If you live anywhere in Asia, you’ll already be used to the fact that stray animals pepper the streets, everywhere you care to look. It’s sad and unfortunate that some animals don’t have a loving family or a place to call home, but it’s the sort of situation you get when you couple irresponsible owners (BOOOO!!) with a lack of awareness for animal welfare.
Well honestly, on the bright side, at least nobody’s putting them to sleep for it, which could also happen in a shelter.. (this is starting to get depressing Minty, I hope you have a valid point to convey by the end of this) ..

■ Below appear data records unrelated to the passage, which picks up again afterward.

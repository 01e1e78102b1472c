-- ===== src/Pbft/Timer.antt =====
-- consensus/pbft/timer.go. `uint` is 64 bits wide.
use b7s.Common.{ℕ, ◌+◌, ◌%◌, Bool, none, some, if◌then◌else◌, not, ◌&&◌}
use b7s.Common.Map.{has}
use b7s.Pbft.State.{Replica, timer_started}
use b7s.Pbft.Messaging.{log_event}

abbrev pub uint_mod : ℕ
uint_mod = 18446744073709551616

unfoldable pub increment : ℕ → ℕ
increment x = (x + 1) % uint_mod

unfoldable pub start_request_timer : Bool → Replica → Replica
start_request_timer override_existing r =
    if has r.request_timer && not override_existing
    then r
    else let target_view = increment r.view in
      log_event (timer_started target_view) (record r { request_timer = some target_view })

unfoldable pub stop_request_timer : Replica → Replica
stop_request_timer r = record r { request_timer = none }
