-- ===== src/Pbft/Conditions.antt =====
-- consensus/pbft/conditions.go, and who is the primary (consensus/pbft/pbft.go).
pub mod Counts
use b7s.Common.{
  ℕ, Bool, false, List, [], ◌∷◌, zero, suc, none, some, ◌==◌, nat_eq, leb, if◌then◌else◌, length,
}
use b7s.Common.Text.{Text, text_eq}
use b7s.Common.Map.{lookup, has}
use b7s.Models.{PeerId}
use b7s.Pbft.Core.{current_primary, prepare_quorum, commit_quorum, get_message_id, message_id_eq}
use b7s.Pbft.State.{Replica}

-- `peers[i]`; the source panics out of range, which an index modulo the number of peers never is.
abbrev pub peer_at : List PeerId → ℕ → PeerId
peer_at [] i = []
peer_at (p ∷ ps) zero = p
peer_at (p ∷ ps) (suc i) = peer_at ps i

unfoldable pub primary_replica_id : Replica → PeerId
primary_replica_id r = peer_at r.peers (current_primary r.core)

unfoldable pub is_primary : Replica → Bool
unfolding primary_replica_id
is_primary r = r.id == primary_replica_id r

unfoldable pub pre_prepared : Replica → ℕ → ℕ → Text → Bool
pre_prepared r view sequence_no digest =
    if has (lookup digest r.requests)
    then elim (lookup (get_message_id view sequence_no) r.pre_prepares) [
      | none ↦ false
      | some pre_prepare ↦ pre_prepare.digest == digest
    ]
    else false

unfoldable pub prepared : Replica → ℕ → ℕ → Text → Bool
prepared r view sequence_no digest =
    if has (lookup digest r.requests)
    then if pre_prepared r view sequence_no digest
      then elim (lookup (get_message_id view sequence_no) r.prepares) [
        | none ↦ false
        | some prepares ↦ leb (prepare_quorum r.core) (length prepares.m)
      ]
      else false
    else false

unfoldable pub committed : Replica → ℕ → ℕ → Text → Bool
committed r view sequence_no digest =
    if prepared r view sequence_no digest
    then elim (lookup (get_message_id view sequence_no) r.commits) [
      | none ↦ false
      | some commits ↦ leb (commit_quorum r.core) (length commits.m)
    ]
    else false

unfoldable pub view_change_ready : Replica → ℕ → Bool
view_change_ready r view = elim (lookup view r.view_changes) [
  | none ↦ false
  | some vc ↦ leb (commit_quorum r.core) (length vc.m)
]
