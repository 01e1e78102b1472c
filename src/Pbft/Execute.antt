-- ===== src/Pbft/Execute.antt =====
-- consensus/pbft/execute.go, but for `Execute`, which takes a request from the node itself.
use b7s.Common.{ℕ, true, List, [], ◌∷◌, none, some, ◌==◌, nat_eq, if◌then◌else◌, not}
use b7s.Common.Text.{Text, text_eq}
use b7s.Common.Map.{lookup, insert, erase, has}
use b7s.Models.{ExecuteResult, NodeResult, ExecuteResponse}
use b7s.Pbft.Message.{Request}
use b7s.Pbft.State.{Replica, executed, post_processed}
use b7s.Pbft.Action.{
  Env, Action, Done, ok, err, gets, lift, modify, modify_state, ◌>>=◌, ◌>>◌, unknown_request,
}
use b7s.Pbft.Signature.{sign_result}
use b7s.Pbft.Messaging.{log_event, is_empty, send}
use b7s.Pbft.Timer.{increment, start_request_timer, stop_request_timer}

unfoldable pub post_process : List Text → Request → NodeResult → Replica → Replica
post_process [] request nres r = r
post_process (proc ∷ procs) request nres r =
    post_process procs request nres (log_event (post_processed proc request nres) r)

abbrev pub node_result_of : Replica → Request → ExecuteResult → NodeResult
node_result_of r request res = record {
  result = res;
  signature = [];
  pbft = record { view = r.view; request_timestamp = request.timestamp; replica = r.id };
  metadata = r.cfg.metadata_provider request.execute res.result;
}

abbrev pub response_of : Replica → Request → ExecuteResult → NodeResult → ExecuteResponse
response_of r request res nres = record {
  trace_info = r.cfg.trace_info;
  request_id = request.id;
  code = res.code;
  results = (r.id, nres) ∷ [];
  cluster = record { main = []; peers = [] };
  error_message = [];
}

-- From the removal of the request from the outstanding ones to the note of its sequence number.
unfoldable pub run_request : ℕ → Text → Request → Replica → Replica
run_request sequence digest request r =
    let cleared = record r { state = record r.state { pending = erase digest r.pending } } in
    let called = log_event (executed sequence request) cleared in
    let stopped = stop_request_timer called in
    let restarted =
      if is_empty stopped.pending then stopped else start_request_timer true stopped in
    record restarted { state = record restarted.state { last_executed = sequence } }

-- The result is signed, saved, and sent to the origin.
unfoldable pub report_result : Env → Request → ExecuteResult → Action Done
report_result env request res = do
  unsigned ← gets (λ r. node_result_of r request res)
  nres ← lift (sign_result env unsigned)
  msg ← gets (λ r. response_of r request res nres)
  modify_state (λ s. record s { executions = insert request.id msg s.executions })
  modify (λ r. post_process r.cfg.post_processors request nres r)
  send env request.origin msg

-- The request is run if it is pending and the next in order.
unfoldable pub execute_pending : Env → ℕ → Text → Request → Action Done
execute_pending env sequence digest request r =
    if not (has (lookup digest r.pending))
    then (ok tt, r)
    else if not (sequence == increment r.last_executed)
    then (ok tt, r)
    else let res = env.execute_function r.history request.id request.execute in
      report_result env request res (run_request sequence digest request r)

unfoldable pub execute : Env → ℕ → ℕ → Text → Action Done
execute env view sequence digest r = elim (lookup digest r.requests) [
  | none ↦ (err unknown_request, r)
  | some request ↦ execute_pending env sequence digest request r
]
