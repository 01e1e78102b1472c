-- ===== src/Pbft/Commit.antt =====
-- consensus/pbft/commit.go.
use b7s.Common.{ℕ, Bool, true, false, [], Option, none, some, if◌then◌else◌, not, ◌==◌, nat_eq}
use b7s.Common.Text.{Text, text_eq}
use b7s.Common.Map.{lookup, insert, has}
use b7s.Models.{PeerId}
use b7s.Pbft.Core.{get_message_id, message_id_eq}
use b7s.Pbft.Message.{Commit, no_base, commit_signable}
use b7s.Pbft.State.{Replica, CommitReceipts, new_commit_receipts}
use b7s.Pbft.Action.{Env, Action, Done, ok, gets, lift, raise_if, modify, ◌>>=◌, ◌>>◌, invalid_view}
use b7s.Pbft.Signature.{sign, verify_signature}
use b7s.Pbft.Messaging.{broadcast}
use b7s.Pbft.Conditions.{prepared, committed}
use b7s.Pbft.Execute.{execute}

abbrev pub commits_at : Option CommitReceipts → CommitReceipts
commits_at none = new_commit_receipts
commits_at (some commits) = commits

-- The first commit of a replica is kept.
unfoldable pub record_commit_receipt : PeerId → Commit → Replica → Replica
record_commit_receipt replica commit r =
    let msg_id = get_message_id commit.view commit.sequence_number in
    let commits = commits_at (lookup msg_id r.commits) in
    let kept : CommitReceipts =
      if has (lookup replica commits.m)
      then commits
      else record { m = insert replica commit commits.m } in
    record r { state = record r.state { commits = insert msg_id kept r.commits } }

unfoldable pub should_send_commit : Replica → ℕ → ℕ → Text → Bool
should_send_commit r view sequence_no digest =
    if prepared r view sequence_no digest
    then elim (lookup (get_message_id view sequence_no) r.commits) [
      | none ↦ true
      | some commits ↦ not (has (lookup r.id commits.m))
    ]
    else false

unfoldable pub send_commit : Env → ℕ → ℕ → Text → Action Done
send_commit env view sequence_no digest = do
  let commit : Commit = record {
    base = no_base;
    view = view;
    sequence_number = sequence_no;
    digest = digest;
    signature = [];
  }
  signed ← lift (sign env commit)
  traced ← broadcast env signed
  modify (λ r. record_commit_receipt r.id traced r)

unfoldable pub execute_if_committed : Env → ℕ → ℕ → Text → Action Done
execute_if_committed env view sequence_no digest r =
    if committed r view sequence_no digest
    then execute env view sequence_no digest r
    else (ok tt, r)

unfoldable pub maybe_send_commit : Env → ℕ → ℕ → Text → Action Done
maybe_send_commit env view sequence_no digest r =
    if should_send_commit r view sequence_no digest
    then (send_commit env view sequence_no digest
          >> execute_if_committed env view sequence_no digest)
        r
    else (ok tt, r)

unfoldable pub process_commit : Env → PeerId → Commit → Action Done
process_commit env replica commit = do
  view ← gets (λ r. r.view)
  raise_if (not (commit.view == view)) invalid_view
  lift (verify_signature env commit replica)
  modify (record_commit_receipt replica commit)
  execute_if_committed env commit.view commit.sequence_number commit.digest
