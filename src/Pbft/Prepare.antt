-- ===== src/Pbft/Prepare.antt =====
-- consensus/pbft/prepare.go.
use b7s.Common.{[], Option, none, some, if◌then◌else◌, not, ◌==◌, nat_eq}
use b7s.Common.Text.{text_eq}
use b7s.Common.Map.{lookup, insert, has}
use b7s.Models.{PeerId}
use b7s.Pbft.Core.{get_message_id, message_id_eq}
use b7s.Pbft.Message.{PrePrepare, Prepare, no_base, prepare_signable}
use b7s.Pbft.State.{Replica, PrepareReceipts, new_prepare_receipts}
use b7s.Pbft.Action.{Env, Action, Done, ok, gets, lift, raise_if, modify, ◌>>=◌, ◌>>◌, invalid_view}
use b7s.Pbft.Signature.{sign, verify_signature}
use b7s.Pbft.Messaging.{broadcast}
use b7s.Pbft.Conditions.{primary_replica_id}
use b7s.Pbft.Commit.{maybe_send_commit}

abbrev pub prepares_at : Option PrepareReceipts → PrepareReceipts
prepares_at none = new_prepare_receipts
prepares_at (some prepares) = prepares

-- The first prepare of a replica is kept.
unfoldable pub record_prepare_receipt : PeerId → Prepare → Replica → Replica
record_prepare_receipt replica prepare r =
    let msg_id = get_message_id prepare.view prepare.sequence_number in
    let prepares = prepares_at (lookup msg_id r.prepares) in
    let kept : PrepareReceipts =
      if has (lookup replica prepares.m)
      then prepares
      else record { m = insert replica prepare prepares.m } in
    record r { state = record r.state { prepares = insert msg_id kept r.prepares } }

unfoldable pub send_prepare : Env → PrePrepare → Action Done
send_prepare env pre_prepare = do
  let prepare : Prepare = record {
    base = no_base;
    view = pre_prepare.view;
    sequence_number = pre_prepare.sequence_number;
    digest = pre_prepare.digest;
    signature = [];
  }
  signed ← lift (sign env prepare)
  traced ← broadcast env signed
  modify (λ r. record_prepare_receipt r.id traced r)

-- The rest of `processPrepare`, for a replica that is not the primary.
unfoldable pub accept_prepare : Env → PeerId → Prepare → Action Done
accept_prepare env replica prepare = do
  view ← gets (λ r. r.view)
  raise_if (not (prepare.view == view)) invalid_view
  lift (verify_signature env prepare replica)
  modify (record_prepare_receipt replica prepare)
  maybe_send_commit env prepare.view prepare.sequence_number prepare.digest

unfoldable pub process_prepare : Env → PeerId → Prepare → Action Done
unfolding accept_prepare
process_prepare env replica prepare r =
    if replica == primary_replica_id r then (ok tt, r) else accept_prepare env replica prepare r
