-- ===== src/Pbft/PrePrepare.antt =====
-- consensus/pbft/preprepare.go.
use b7s.Common.{Bool, true, false, [], ◌∷◌, if◌then◌else◌, not, ◌==◌, nat_eq, ◌&&◌}
use b7s.Common.Text.{text_eq}
use b7s.Common.Map.{Map, lookup, insert, has}
use b7s.Models.{PeerId}
use b7s.Pbft.Core.{get_message_id, MessageId, message_id_eq}
use b7s.Pbft.Message.{request, Request, PrePrepare, no_base, pre_prepare_signable}
use b7s.Pbft.State.{Replica}
use b7s.Pbft.Action.{
  Env, Action, Done, ok, err, gets, lift, raise_if, modify, ◌>>=◌, ◌>>◌, invalid_view,
  dropped_pre_prepare, conflicting_pre_prepare,
}
use b7s.Pbft.Signature.{get_digest, sign, verify_signature}
use b7s.Pbft.Messaging.{broadcast}
use b7s.Pbft.Timer.{increment, start_request_timer}
use b7s.Pbft.Conditions.{is_primary, primary_replica_id, pre_prepared}
use b7s.Pbft.Commit.{maybe_send_commit}
use b7s.Pbft.Prepare.{send_prepare}

-- The same view and the same digest, with another sequence number.
abbrev pub is_conflict : PrePrepare → PrePrepare → Bool
is_conflict pre_prepare pp =
    (pp.view == pre_prepare.view)
    && ((pp.digest == pre_prepare.digest)
        && not (pp.sequence_number == pre_prepare.sequence_number))

unfoldable pub conflicting_in : PrePrepare → Map MessageId PrePrepare → Bool
conflicting_in pre_prepare [] = false
conflicting_in pre_prepare ((id, pp) ∷ rest) =
    if is_conflict pre_prepare pp then true else conflicting_in pre_prepare rest

unfoldable pub conflicting_pre_prepare_exists : Replica → PrePrepare → Bool
conflicting_pre_prepare_exists r pre_prepare = conflicting_in pre_prepare r.pre_prepares

abbrev pub save_pre_prepare : PrePrepare → Replica → Replica
save_pre_prepare msg r = record r {
  state = record r.state {
    pre_prepares = insert (get_message_id msg.view msg.sequence_number) msg r.pre_prepares;
  };
}

abbrev pub new_pre_prepare : Env → Replica → Request → PrePrepare
new_pre_prepare env r req = record {
  base = no_base;
  view = r.view;
  sequence_number = r.sequence;
  request = req;
  digest = get_digest env (request req);
  signature = [];
}

-- What the primary does.
unfoldable pub propose : Env → Request → Action Done
propose env req = do
  modify (λ r. record r { core = record r.core { sequence = increment r.sequence } })
  msg ← gets (λ r. new_pre_prepare env r req)
  conflict ← gets (λ r. conflicting_pre_prepare_exists r msg)
  raise_if conflict dropped_pre_prepare
  signed ← lift (sign env msg)
  traced ← broadcast env signed
  modify (save_pre_prepare traced)

unfoldable pub send_pre_prepare : Env → Request → Action Done
send_pre_prepare env req r = if not (is_primary r) then (ok tt, r) else propose env req r

-- The pre-prepare and its request are saved, and the timer runs.
unfoldable pub note_pre_prepare : PrePrepare → Replica → Replica
note_pre_prepare msg r =
    let saved = save_pre_prepare msg r in
    start_request_timer false (record saved {
      state = record saved.state {
        requests = insert msg.digest msg.request saved.requests;
        pending = insert msg.digest msg.request saved.pending;
      };
    })

-- The end of `processPrePrepare`, once the pre-prepare is saved.
unfoldable pub answer_pre_prepare : Env → PrePrepare → Action Done
answer_pre_prepare env msg r =
    if not (pre_prepared r msg.view msg.sequence_number msg.digest)
    then (ok tt, r)
    else (send_prepare env msg >> maybe_send_commit env msg.view msg.sequence_number msg.digest) r

-- The pre-prepare is saved unless its place is taken.
unfoldable pub save_if_free : Env → PrePrepare → Action Done
save_if_free env msg r =
    if has (lookup (get_message_id msg.view msg.sequence_number) r.pre_prepares)
    then (err conflicting_pre_prepare, r)
    else answer_pre_prepare env msg (note_pre_prepare msg r)

unfoldable pub accept_pre_prepare : Env → PrePrepare → Action Done
accept_pre_prepare env msg = do
  view ← gets (λ r. r.view)
  raise_if (not (msg.view == view)) invalid_view
  leader ← gets primary_replica_id
  lift (verify_signature env msg leader)
  save_if_free env msg

unfoldable pub process_pre_prepare : Env → PeerId → PrePrepare → Action Done
process_pre_prepare env replica msg r =
    if is_primary r
    then (ok tt, r)
    else if not (replica == primary_replica_id r)
    then (ok tt, r)
    else accept_pre_prepare env msg r
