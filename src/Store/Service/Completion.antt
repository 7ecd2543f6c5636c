-- ===== src/Store/Service/Completion.antt =====
-- complete_service_message: claims and completions that follow a completion.
use parler_protocol.Prelude.{
  ℕ, Text, ◌==◌, eq_iff, ◌≡◌, refl, sym, ap, ◌∙◌, inl, inr, Bool, true, false, ◌&&◌, Bool-cases,
  and_split, none, some, Option-cases, List, [], ◌∷◌, arith, Outcome, ok,
}
use parler_protocol.Protocol.TaskStatus.{TaskStatus, is_terminal, label, accepted}
use parler_protocol.Store.Tables.{Store, Error, Codec, ClaimRow}
use parler_protocol.Store.Service.{
  serve_role, active, lease_end, may_take, take_claim, claim_service_message, holds,
  complete_service_message,
}
use parler_protocol.Store.Service.Leases.{
  claim_of, IsKeyed, take_refused, claim_of-take_other, claim_of_complete, complete_refused,
  complete-IsKeyed, complete_reports, complete_unclaimed,
}
use parler_protocol.Store.Service.Calls.{
  Call, claims, completes, serves, step, run, claim_cases, run-IsKeyed,
}

-- The claim on the message has ended.
pub record IsDone (room message : Text) (s : Store) : Type 0 where
  pub row : ClaimRow
  pub found : claim_of room message s ≡ some row
  pub ended : (row.state == active) ≡ false

keep-IsDone :
    (r m : Text) (s t : Store) → claim_of r m t ≡ claim_of r m s → IsDone r m s → IsDone r m t
keep-IsDone r m s t e h = record { row = h.row; found = e ∙ h.found; ended = h.ended }

label-ne-active : (status : TaskStatus) → (label status == active) ≡ false
unfolding label ◌==◌
label-ne-active accepted = refl
label-ne-active _ = refl

no_take : (x : Text) (t : ℕ) (c : ClaimRow) → (c.state == active) ≡ false → may_take x t c ≡ false
unfolding may_take
no_take x t c e = ground (arith, e)

no_holds :
    (room message x : Text) (t : ℕ) (c : ClaimRow)
    → (c.state == active) ≡ false
    → holds room message x t c ≡ false
unfolding holds
no_holds room message x t c e = ground (arith, e)

IsDone-take :
    (r m room message x : Text) (t end : ℕ) (s : Store)
    → IsDone r m s
    → IsDone r m (take_claim room message x t end s).1
IsDone-take r m room message x t end s h = elim (Bool-cases ((r == room) && (m == message))) [
  | inr apart ↦ keep-IsDone r m s _ (claim_of-take_other room message x t end s r m apart) h
  | inl same ↦
      let (a, b) = and_split (r == room) (m == message) same in
      let p = (eq_iff r room).0 a in
      let q = (eq_iff m message).0 b in
      rw (← p, ← q, take_refused r m x t end s h.row h.found (no_take x t h.row h.ended)) h
]

IsDone-complete :
    (r m room message x : Text) (status : TaskStatus) (t : ℕ) (s : Store)
    → IsDone r m s
    → IsDone r m (complete_service_message room message x status t s).1
IsDone-complete r m room message x status t s h = elim (Bool-cases (is_terminal status)) [
  | inr n ↦ rw (complete_refused room message x status t s n) h
  | inl y ↦
      keep-IsDone r m s _
        (claim_of_complete room message x status t s r m h.row y h.found
          ∙ rw (no_holds room message x t h.row h.ended) (sym h.found))
        h
]

IsDone-step :
    (codec : Codec) (r m : Text) (c : ℕ × Call) (s : Store)
    → IsDone r m s
    → IsDone r m (step codec c s)
unfolding step
IsDone-step codec r m (t, claims room message x secs) s h =
    elim (claim_cases codec room message x secs t s) [
      | inl e ↦ rw (e, step) h
      | inr e ↦ rw (e, step) (IsDone-take r m room message x t (lease_end secs t) s h)
    ]
IsDone-step codec r m (t, completes room message x status) s h =
    IsDone-complete r m room message x status t s h
IsDone-step codec r m (t, serves room x role) s h =
    keep-IsDone r m s _ (unfold serve_role in refl) h

IsDone-run :
    (codec : Codec) (r m : Text) (cs : List (ℕ × Call)) (s : Store)
    → IsDone r m s
    → IsDone r m (run codec cs s)
unfolding run
IsDone-run codec r m [] s h = h
IsDone-run codec r m (c ∷ cs) s h =
    IsDone-run codec r m cs (step codec c s) (IsDone-step codec r m c s h)

-- A completion that reports success ends the claim.
complete-IsDone :
    (room message worker : Text) (status : TaskStatus) (now : ℕ) (s : Store)
    → IsKeyed s
    → (complete_service_message room message worker status now s).0 ≡ ok true
    → IsDone room message (complete_service_message room message worker status now s).1
complete-IsDone room message worker status now s u h = elim (Bool-cases (is_terminal status)) [
  | inr n ↦ cc (
    ap (λ (r : Outcome Error Bool × Store). r.0)
        (complete_refused room message worker status now s n),
    h,
  )
  | inl y ↦ elim (Option-cases (claim_of room message s)) [
    | inl e ↦ cc (complete_unclaimed room message worker status now s y e, h)
    | inr (c, e) ↦
        let held : holds room message worker now c ≡ true =
          ground (arith, complete_reports room message worker status now s c u y e, h) in
        record {
          row = record c { state = label status; lease_until = now };
          found = claim_of_complete room message worker status now s room message c y e ∙ rw held;
          ended = label-ne-active status;
        }
  ]
]

refused :
    (codec : Codec) (room message x : Text) (secs now : ℕ) (s : Store)
    → IsDone room message s
    → claim_service_message codec room message x secs now s ≡ (none, s)
refused codec room message x secs now s h = elim (claim_cases codec room message x secs now s) [
  | inl e ↦ e
  | inr e ↦ rw (
    e,
    take_refused room message x now (lease_end secs now) s h.row h.found
        (no_take x now h.row h.ended),
  )
]

not_again :
    (room message x : Text) (status : TaskStatus) (now : ℕ) (s : Store)
    → IsKeyed s
    → is_terminal status ≡ true
    → IsDone room message s
    → (complete_service_message room message x status now s).0 ≡ ok false
not_again room message x status now s u y h =
    complete_reports room message x status now s h.row u y h.found
    ∙ ap ok (no_holds room message x now h.row h.ended)

-- From a store with at most one claim per message: after a completion that reports success, and
-- any calls by anyone at any times, every further claim of the message is refused and changes
-- nothing, and every further completion with a terminal status reports failure.
pub complete_final :
    (codec : Codec) (room message worker x : Text) (status status' : TaskStatus) (now now' secs : ℕ)
    (s : Store) (cs : List (ℕ × Call))
    → IsKeyed s
    → (complete_service_message room message worker status now s).0 ≡ ok true
    → is_terminal status' ≡ true
    → let t = run codec cs (complete_service_message room message worker status now s).1 in
      (claim_service_message codec room message x secs now' t ≡ (none, t))
      × ((complete_service_message room message x status' now' t).0 ≡ ok false)
complete_final codec room message worker x status status' now now' secs s cs u h terminal =
    let t = (complete_service_message room message worker status now s).1 in
    let over =
      IsDone-run codec room message cs t (complete-IsDone room message worker status now s u h) in
    let keyed = run-IsKeyed codec cs t (complete-IsKeyed room message worker status now s u) in
    (
      refused codec room message x secs now' (run codec cs t) over,
      not_again room message x status' now' (run codec cs t) keyed terminal over,
    )
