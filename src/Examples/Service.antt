-- ===== src/Examples/Service.antt =====
-- The work queue: claims and completions on the sample room.
use parler_protocol.Prelude.{
  ℕ, ◌==◌, eq_iff, to_ascii_lowercase, eq_ignore_ascii_case, ◌≡◌, refl, ◌≢◌, true, false, none,
  some, List, [], ◌∷◌, arith, find, any, count, All, ok,
}
use parler_protocol.Examples.{codec, den, bob, cat, note, hub}
use parler_protocol.Protocol.Parts.{dispatches, dispatch_of_part, dispatch_to_part, get}
use parler_protocol.Protocol.TaskStatus.{done, failed, is_terminal}
use parler_protocol.Store.Tables.{is_fresh}
use parler_protocol.Protocol.TaskStatus.{is_terminal, done, failed}
use parler_protocol.Protocol.Parts.{dispatches}
use parler_protocol.Store.Tables.{Store, is_fresh}
use parler_protocol.Store.Service.{
  is_available, owns_live_claim, addresses, is_dispatched, lease_end, take_claim,
  claim_service_message, complete_service_message,
}
use parler_protocol.Store.Service.Leases.{IsKeyed}
use parler_protocol.Store.Service.Calls.{Call, claim_then-IsKeyed, claims, completes, run}
use parler_protocol.Store.Service.Exclusion.{IsRival, claim_exclusive, complete_succeeds}
use parler_protocol.Store.Service.Completion.{complete_final}

hub-IsKeyed : IsKeyed hub
unfolding count
hub-IsKeyed room message = omega arith

-- Bob claims the first message at 10 for a minute; Cat tries at 20 and at 30.
abbrev after_claim : Store
after_claim = (claim_service_message codec den note bob 60 10 hub).1

abbrev cats_calls : List (ℕ × Call)
cats_calls = (20, claims den note cat 60) ∷ (25, completes den note cat done) ∷ []

claimed_ok : claim_service_message codec den note bob 60 10 hub ≡ (some 60010, after_claim)
unfolding claim_service_message find ◌==◌ owns_live_claim is_available is_dispatched any take_claim
    lease_end is_fresh addresses dispatches dispatch_of_part dispatch_to_part get
    eq_ignore_ascii_case to_ascii_lowercase
claimed_ok = refl

cat_is_not_bob : cat ≢ bob
unfolding ◌==◌
cat_is_not_bob e = ground (arith, (eq_iff cat bob).1 e)

rivals : All (IsRival bob 60010) cats_calls
rivals = ((omega arith, cat_is_not_bob), (cat_is_not_bob, tt))

claim_exclusive_example :
    claim_service_message codec den note cat 60 30 (run codec cats_calls after_claim)
    ≡ (none, run codec cats_calls after_claim)
claim_exclusive_example =
    claim_exclusive codec den note bob cat 60 60 10 30 60010 hub after_claim cats_calls claimed_ok
      rivals cat_is_not_bob (omega arith)

complete_succeeds_example :
    (complete_service_message den note bob done 50 (run codec cats_calls after_claim)).0 ≡ ok true
complete_succeeds_example =
    complete_succeeds codec den note bob 60 10 50 60010 done hub after_claim cats_calls hub-IsKeyed
      claimed_ok rivals (unfold is_terminal in refl) (omega arith)

after_claim-IsKeyed : IsKeyed after_claim
after_claim-IsKeyed =
    claim_then-IsKeyed codec den note bob 60 10 hub after_claim (some 60010) hub-IsKeyed claimed_ok

completed_ok : (complete_service_message den note bob done 50 after_claim).0 ≡ ok true
unfolding run
completed_ok =
    complete_succeeds codec den note bob 60 10 50 60010 done hub after_claim [] hub-IsKeyed
      claimed_ok tt (unfold is_terminal in refl) (omega arith)

complete_final_example :
    (claim_service_message codec den note cat 60 70000
        (run codec cats_calls (complete_service_message den note bob done 50 after_claim).1)
      ≡ (none, run codec cats_calls (complete_service_message den note bob done 50 after_claim).1))
    × ((complete_service_message den note cat failed 70000
          (run codec cats_calls (complete_service_message den note bob done 50 after_claim).1)).0
        ≡ ok false)
complete_final_example =
    complete_final codec den note bob cat done failed 50 70000 60 after_claim cats_calls
      after_claim-IsKeyed completed_ok (unfold is_terminal in refl)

OK, but that’s not the point.
The point is, I think a stray cat is stalking me, and I have nobody to blame but myself.
The story goes as such:
Most mornings, I have my breakfast at the same place at about the same time (obviously, Spontaneous is my middle name). At this point in time, a street cat will make an appearance, sitting about two feet away where it will commence staring at me with its unnerving cat eyes. Almost like it can sense that I’m weak and pliant (it probably can, because cats seem to be a wily, perceptive bunch).
Accurate depiction of the cat making scary cat eyes at me. (Any resemblance to felines alive or dead is purely coincidental.)
This has been happening regularly for the past week.
Now, at this point, I should probably make a note that I’m a big dog person. I love dogs. Dogs are cute and cuddly and kind of lovably silly even though they tend to drool a lot, which is a bit unfortunate when you’re wearing things that can only be dry-cleaned.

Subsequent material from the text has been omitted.